▼
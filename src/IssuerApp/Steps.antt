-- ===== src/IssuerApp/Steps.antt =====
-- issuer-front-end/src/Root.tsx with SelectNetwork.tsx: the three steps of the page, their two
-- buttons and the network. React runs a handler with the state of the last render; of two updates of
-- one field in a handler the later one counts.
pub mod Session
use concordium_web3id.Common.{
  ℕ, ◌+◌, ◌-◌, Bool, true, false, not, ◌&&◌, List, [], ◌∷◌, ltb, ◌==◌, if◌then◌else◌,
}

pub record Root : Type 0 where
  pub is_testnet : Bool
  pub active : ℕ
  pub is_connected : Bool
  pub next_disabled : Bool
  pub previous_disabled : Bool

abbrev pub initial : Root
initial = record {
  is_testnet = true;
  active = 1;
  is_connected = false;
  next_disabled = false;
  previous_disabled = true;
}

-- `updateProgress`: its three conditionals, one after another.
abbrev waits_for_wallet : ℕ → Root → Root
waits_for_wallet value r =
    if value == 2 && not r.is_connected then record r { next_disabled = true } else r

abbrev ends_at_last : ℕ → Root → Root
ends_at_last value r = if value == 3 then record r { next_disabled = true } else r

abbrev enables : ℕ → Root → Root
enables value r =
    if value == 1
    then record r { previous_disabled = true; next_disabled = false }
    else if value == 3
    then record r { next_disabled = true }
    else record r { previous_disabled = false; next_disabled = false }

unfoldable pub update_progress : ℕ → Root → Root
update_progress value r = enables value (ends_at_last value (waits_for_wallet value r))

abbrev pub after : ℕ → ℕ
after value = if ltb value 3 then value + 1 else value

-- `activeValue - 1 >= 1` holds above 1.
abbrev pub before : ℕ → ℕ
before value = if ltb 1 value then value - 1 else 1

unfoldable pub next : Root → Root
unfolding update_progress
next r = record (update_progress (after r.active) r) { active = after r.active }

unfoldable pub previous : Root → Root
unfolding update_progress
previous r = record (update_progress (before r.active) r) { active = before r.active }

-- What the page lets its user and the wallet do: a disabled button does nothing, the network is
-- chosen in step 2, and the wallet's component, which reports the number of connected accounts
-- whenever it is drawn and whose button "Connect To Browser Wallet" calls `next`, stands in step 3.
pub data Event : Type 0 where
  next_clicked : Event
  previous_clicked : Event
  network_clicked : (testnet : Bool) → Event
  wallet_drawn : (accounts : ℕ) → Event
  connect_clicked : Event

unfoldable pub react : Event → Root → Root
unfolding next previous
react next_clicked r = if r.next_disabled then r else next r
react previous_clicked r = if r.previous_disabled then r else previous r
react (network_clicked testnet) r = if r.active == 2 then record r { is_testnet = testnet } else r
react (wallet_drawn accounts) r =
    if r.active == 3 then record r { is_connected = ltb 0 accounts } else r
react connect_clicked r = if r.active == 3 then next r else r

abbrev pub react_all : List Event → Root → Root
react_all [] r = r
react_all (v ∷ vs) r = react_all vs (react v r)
▲
▼
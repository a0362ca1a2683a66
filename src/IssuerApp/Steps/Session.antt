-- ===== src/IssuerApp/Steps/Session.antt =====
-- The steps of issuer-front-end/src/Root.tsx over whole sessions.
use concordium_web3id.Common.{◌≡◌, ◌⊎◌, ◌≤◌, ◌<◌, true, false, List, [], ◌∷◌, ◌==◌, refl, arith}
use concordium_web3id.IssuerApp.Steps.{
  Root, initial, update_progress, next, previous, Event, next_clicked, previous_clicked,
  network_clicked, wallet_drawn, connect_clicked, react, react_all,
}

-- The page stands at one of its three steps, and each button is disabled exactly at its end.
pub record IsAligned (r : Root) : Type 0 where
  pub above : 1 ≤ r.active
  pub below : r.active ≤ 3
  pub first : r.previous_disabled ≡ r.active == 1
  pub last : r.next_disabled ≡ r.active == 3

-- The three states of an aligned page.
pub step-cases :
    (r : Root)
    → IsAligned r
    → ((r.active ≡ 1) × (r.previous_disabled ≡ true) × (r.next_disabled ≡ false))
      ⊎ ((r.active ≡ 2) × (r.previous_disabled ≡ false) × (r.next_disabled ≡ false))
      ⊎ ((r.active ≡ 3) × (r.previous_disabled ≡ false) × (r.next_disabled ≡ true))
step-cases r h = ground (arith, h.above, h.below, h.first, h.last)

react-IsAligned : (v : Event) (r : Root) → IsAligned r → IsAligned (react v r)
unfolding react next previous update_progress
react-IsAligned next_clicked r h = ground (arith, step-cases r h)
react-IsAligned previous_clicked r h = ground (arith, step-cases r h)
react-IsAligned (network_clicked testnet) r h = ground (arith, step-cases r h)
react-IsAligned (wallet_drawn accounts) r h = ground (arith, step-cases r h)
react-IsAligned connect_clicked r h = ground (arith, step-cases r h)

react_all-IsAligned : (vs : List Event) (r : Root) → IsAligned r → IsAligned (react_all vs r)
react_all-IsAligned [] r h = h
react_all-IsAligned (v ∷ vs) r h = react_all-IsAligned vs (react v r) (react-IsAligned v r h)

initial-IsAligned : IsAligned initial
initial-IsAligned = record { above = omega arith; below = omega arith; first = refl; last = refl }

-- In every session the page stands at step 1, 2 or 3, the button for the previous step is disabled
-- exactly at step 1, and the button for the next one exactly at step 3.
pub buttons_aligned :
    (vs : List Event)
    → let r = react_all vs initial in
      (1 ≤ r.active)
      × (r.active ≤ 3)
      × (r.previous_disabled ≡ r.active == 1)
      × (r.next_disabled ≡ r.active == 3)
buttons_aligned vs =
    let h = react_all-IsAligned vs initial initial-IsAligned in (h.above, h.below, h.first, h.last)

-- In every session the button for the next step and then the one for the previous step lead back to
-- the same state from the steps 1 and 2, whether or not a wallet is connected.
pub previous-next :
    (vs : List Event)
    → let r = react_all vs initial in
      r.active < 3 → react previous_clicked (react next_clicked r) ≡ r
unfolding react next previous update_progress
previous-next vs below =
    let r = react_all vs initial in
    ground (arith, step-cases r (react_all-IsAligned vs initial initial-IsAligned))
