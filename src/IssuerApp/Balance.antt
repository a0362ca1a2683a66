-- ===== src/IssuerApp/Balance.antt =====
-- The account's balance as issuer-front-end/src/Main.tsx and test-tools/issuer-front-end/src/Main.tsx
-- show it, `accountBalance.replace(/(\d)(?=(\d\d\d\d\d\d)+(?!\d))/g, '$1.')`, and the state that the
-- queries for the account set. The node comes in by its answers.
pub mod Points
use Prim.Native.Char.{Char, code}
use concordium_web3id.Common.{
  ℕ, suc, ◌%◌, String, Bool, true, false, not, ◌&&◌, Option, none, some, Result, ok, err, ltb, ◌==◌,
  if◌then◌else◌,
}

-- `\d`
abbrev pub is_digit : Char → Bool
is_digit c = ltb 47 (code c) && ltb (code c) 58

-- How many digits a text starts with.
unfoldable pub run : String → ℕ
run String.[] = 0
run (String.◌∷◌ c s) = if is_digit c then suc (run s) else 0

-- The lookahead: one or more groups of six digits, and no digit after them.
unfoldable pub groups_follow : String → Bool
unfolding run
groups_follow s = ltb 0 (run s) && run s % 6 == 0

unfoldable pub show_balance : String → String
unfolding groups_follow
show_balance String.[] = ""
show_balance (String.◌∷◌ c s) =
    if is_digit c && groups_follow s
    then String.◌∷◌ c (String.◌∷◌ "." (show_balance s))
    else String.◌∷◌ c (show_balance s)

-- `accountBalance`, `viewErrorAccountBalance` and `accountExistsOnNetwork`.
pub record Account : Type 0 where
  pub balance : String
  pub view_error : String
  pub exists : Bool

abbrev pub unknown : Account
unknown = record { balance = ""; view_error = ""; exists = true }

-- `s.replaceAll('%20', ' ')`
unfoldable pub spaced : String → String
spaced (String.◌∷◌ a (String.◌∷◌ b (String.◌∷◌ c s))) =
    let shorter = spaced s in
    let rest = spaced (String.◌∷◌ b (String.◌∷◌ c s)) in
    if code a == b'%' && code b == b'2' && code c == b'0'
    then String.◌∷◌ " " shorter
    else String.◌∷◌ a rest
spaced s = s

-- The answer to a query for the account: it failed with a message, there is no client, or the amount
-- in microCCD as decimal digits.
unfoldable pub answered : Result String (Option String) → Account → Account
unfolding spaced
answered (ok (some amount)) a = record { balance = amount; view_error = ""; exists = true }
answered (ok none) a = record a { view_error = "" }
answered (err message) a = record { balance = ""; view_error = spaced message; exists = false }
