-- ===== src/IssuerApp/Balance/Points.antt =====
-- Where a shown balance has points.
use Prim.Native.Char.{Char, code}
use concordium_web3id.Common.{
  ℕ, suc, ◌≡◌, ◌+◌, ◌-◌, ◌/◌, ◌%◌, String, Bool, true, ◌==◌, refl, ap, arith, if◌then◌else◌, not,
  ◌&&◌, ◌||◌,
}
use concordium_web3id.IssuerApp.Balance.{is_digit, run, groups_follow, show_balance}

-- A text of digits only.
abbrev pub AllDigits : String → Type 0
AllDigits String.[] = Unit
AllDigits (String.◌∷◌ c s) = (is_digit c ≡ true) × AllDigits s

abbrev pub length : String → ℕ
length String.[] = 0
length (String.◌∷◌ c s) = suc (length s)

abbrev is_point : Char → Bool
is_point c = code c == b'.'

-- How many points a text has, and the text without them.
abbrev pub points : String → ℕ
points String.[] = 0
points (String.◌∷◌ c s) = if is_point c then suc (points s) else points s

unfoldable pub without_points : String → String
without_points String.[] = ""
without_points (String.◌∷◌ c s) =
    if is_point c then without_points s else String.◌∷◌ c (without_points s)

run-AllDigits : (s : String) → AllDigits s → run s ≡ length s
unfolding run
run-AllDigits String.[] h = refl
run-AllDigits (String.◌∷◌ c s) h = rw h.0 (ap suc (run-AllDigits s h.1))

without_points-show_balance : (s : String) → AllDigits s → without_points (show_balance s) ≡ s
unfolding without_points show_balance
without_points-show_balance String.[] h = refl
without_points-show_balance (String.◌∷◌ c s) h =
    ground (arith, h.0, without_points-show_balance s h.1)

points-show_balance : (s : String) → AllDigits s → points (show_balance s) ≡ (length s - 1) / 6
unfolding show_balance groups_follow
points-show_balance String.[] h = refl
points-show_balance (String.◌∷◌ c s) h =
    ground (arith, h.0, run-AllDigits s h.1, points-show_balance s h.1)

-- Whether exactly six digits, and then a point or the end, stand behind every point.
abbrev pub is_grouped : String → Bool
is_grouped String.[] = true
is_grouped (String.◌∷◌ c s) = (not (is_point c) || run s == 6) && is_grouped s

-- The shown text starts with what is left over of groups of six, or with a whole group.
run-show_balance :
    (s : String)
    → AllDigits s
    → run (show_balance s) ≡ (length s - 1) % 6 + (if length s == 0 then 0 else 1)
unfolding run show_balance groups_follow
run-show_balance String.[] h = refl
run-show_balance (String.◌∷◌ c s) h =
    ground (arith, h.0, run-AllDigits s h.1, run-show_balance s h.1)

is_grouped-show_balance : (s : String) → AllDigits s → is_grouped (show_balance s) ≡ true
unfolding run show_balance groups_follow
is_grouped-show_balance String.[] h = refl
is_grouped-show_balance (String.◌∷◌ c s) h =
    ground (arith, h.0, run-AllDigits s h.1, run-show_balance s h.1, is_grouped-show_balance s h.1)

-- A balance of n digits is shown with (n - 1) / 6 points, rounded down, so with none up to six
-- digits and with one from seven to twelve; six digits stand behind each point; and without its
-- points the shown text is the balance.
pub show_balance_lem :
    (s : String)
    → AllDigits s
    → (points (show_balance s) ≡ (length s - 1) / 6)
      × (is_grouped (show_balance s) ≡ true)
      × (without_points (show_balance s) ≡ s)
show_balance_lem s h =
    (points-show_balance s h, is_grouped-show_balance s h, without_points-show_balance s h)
▲
__The problem__:
Scan the lines above for "accounts", then copy every one that has it.

__Result__:
-- chosen in step 2, and the wallet's component, which reports the number of connected accounts
  wallet_drawn : (accounts : ℕ) → Event
react (wallet_drawn accounts) r =
    if r.active == 3 then record r { is_connected = ltb 0 accounts } else r
react-IsAligned (wallet_drawn accounts) r h = ground (arith, step-cases r h)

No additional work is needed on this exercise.